Data for processing Block Start

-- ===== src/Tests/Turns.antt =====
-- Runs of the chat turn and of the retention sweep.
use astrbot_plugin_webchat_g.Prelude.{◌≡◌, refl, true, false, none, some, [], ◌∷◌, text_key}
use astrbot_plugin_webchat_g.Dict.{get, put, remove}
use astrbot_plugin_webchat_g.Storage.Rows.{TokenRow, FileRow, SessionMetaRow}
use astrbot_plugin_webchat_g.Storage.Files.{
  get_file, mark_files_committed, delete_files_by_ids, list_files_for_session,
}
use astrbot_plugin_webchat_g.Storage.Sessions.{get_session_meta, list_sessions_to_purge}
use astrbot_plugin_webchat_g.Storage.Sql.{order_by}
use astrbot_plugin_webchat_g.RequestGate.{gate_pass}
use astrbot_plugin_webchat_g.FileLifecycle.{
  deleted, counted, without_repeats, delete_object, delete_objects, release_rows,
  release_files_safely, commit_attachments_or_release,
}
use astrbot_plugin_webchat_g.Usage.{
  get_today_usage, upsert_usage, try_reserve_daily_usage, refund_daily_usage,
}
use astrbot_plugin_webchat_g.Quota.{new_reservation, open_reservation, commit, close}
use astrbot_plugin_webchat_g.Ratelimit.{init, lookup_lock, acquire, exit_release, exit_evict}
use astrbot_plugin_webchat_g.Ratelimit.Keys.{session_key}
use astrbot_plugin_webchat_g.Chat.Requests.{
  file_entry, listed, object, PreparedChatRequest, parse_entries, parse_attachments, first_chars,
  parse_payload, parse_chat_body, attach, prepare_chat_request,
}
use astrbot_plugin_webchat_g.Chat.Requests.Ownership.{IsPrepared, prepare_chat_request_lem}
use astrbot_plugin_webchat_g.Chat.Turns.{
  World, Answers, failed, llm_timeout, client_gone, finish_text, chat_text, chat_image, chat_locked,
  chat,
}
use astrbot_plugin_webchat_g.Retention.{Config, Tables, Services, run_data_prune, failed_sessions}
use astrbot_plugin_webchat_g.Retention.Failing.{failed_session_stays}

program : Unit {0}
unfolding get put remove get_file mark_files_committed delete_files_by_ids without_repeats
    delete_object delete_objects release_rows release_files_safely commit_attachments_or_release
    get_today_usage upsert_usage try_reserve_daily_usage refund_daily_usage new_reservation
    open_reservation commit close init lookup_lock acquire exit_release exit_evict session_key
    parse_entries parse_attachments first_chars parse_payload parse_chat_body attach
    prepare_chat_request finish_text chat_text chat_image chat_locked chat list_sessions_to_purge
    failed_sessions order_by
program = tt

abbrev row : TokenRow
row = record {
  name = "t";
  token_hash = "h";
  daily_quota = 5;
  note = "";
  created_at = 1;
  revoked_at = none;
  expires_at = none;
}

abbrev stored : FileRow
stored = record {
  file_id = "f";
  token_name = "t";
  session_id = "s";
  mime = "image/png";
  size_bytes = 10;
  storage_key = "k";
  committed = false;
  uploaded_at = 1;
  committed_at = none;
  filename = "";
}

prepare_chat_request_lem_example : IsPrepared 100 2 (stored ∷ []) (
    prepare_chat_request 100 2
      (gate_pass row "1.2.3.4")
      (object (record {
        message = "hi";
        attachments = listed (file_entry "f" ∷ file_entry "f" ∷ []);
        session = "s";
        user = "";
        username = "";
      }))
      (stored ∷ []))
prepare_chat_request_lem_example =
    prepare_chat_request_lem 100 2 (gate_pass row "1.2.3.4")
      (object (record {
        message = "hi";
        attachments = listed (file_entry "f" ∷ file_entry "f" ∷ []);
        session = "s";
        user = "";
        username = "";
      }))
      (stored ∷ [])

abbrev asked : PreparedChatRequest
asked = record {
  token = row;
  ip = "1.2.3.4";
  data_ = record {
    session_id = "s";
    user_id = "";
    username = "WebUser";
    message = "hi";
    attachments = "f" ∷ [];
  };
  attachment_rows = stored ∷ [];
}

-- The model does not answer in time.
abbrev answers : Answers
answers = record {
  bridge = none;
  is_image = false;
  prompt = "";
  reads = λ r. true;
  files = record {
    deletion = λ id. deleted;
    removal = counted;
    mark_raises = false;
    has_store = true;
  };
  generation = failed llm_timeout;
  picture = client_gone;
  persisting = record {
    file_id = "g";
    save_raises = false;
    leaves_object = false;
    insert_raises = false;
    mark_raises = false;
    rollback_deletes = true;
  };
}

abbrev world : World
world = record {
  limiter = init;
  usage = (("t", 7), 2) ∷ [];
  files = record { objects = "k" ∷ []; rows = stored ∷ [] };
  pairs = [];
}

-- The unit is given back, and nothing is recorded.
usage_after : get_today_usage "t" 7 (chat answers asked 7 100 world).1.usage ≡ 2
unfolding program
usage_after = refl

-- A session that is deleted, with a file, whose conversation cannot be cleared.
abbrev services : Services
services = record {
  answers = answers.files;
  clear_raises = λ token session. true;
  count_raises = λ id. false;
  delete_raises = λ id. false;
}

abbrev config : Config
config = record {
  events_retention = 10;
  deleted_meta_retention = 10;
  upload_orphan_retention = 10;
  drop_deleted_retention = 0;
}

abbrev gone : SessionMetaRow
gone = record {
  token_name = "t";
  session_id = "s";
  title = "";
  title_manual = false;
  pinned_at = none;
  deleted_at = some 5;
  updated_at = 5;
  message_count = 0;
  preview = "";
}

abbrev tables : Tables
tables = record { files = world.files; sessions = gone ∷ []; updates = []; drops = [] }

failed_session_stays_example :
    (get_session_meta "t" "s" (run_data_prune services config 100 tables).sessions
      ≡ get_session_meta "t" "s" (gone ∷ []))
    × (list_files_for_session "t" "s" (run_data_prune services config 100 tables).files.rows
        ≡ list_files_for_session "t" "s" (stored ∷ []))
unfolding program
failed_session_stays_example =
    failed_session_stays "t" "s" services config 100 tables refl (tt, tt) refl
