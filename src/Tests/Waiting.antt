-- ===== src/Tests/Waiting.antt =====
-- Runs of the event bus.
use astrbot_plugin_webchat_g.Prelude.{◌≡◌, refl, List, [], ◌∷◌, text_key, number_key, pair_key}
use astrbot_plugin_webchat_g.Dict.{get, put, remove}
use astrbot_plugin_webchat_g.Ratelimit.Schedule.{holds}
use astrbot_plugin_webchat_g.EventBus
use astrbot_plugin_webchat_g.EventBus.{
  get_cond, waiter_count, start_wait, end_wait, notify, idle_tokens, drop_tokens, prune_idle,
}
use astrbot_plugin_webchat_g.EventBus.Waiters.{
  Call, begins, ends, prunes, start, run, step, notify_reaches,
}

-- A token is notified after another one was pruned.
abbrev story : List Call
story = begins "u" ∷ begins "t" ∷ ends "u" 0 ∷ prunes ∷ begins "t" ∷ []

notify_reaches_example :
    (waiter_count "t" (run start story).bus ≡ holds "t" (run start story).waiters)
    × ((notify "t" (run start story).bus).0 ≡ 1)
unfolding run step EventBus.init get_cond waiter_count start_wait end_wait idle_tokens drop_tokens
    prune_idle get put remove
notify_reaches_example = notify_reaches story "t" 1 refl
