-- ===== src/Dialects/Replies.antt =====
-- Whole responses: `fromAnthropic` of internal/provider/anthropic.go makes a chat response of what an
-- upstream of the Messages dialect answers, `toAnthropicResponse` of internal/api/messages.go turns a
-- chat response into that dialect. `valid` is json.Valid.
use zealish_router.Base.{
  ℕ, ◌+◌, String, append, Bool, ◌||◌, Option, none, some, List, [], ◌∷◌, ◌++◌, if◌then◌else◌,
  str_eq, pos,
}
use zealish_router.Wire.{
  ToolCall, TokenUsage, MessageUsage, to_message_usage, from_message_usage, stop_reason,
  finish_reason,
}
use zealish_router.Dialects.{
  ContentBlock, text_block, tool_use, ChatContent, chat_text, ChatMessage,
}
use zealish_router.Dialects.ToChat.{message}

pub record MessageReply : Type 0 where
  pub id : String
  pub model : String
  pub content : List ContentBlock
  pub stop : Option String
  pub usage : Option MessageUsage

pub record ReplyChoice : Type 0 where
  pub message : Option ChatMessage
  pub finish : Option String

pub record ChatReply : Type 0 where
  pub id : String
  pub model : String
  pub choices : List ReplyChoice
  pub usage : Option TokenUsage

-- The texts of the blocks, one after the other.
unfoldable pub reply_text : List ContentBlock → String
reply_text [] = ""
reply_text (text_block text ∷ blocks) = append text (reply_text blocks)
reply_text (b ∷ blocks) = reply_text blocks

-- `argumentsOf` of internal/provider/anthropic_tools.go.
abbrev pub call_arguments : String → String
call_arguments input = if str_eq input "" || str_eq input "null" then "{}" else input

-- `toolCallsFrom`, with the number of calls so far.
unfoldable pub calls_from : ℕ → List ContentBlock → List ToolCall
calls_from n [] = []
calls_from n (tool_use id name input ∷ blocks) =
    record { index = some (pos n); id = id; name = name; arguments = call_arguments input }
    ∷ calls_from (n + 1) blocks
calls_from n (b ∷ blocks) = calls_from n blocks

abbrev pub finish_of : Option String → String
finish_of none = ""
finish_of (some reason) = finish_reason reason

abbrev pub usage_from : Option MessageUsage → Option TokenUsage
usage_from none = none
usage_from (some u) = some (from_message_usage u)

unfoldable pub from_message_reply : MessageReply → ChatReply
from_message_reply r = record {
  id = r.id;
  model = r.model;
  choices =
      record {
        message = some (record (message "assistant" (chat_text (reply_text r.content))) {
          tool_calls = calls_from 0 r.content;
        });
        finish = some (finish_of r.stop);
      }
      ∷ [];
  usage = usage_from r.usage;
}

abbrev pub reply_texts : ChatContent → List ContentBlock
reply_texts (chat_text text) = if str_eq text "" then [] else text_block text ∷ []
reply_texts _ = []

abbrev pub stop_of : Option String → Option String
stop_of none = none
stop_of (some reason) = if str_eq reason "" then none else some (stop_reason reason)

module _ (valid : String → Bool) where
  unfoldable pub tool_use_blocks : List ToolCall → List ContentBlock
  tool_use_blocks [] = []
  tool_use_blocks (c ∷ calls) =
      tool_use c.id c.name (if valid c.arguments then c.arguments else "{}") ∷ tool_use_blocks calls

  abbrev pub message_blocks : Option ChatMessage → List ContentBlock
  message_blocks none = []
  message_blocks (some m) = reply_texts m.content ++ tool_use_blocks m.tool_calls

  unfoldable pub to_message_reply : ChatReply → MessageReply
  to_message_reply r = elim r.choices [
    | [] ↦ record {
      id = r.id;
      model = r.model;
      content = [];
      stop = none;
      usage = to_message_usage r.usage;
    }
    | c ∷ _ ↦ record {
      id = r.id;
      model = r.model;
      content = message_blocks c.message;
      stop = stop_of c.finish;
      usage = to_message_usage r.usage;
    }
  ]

Data for processing Block End

:: Directions ::
The answer is the lines above between the line holding "pub usage : Option TokenUsage" and the line holding "abbrev pub call_arguments : String → String", inclusive, each written out exactly, and no others.

:: Response for this exercise ::
  pub usage : Option TokenUsage

-- The texts of the blocks, one after the other.
unfoldable pub reply_text : List ContentBlock → String
reply_text [] = ""
reply_text (text_block text ∷ blocks) = append text (reply_text blocks)
reply_text (b ∷ blocks) = reply_text blocks

-- `argumentsOf` of internal/provider/anthropic_tools.go.
abbrev pub call_arguments : String → String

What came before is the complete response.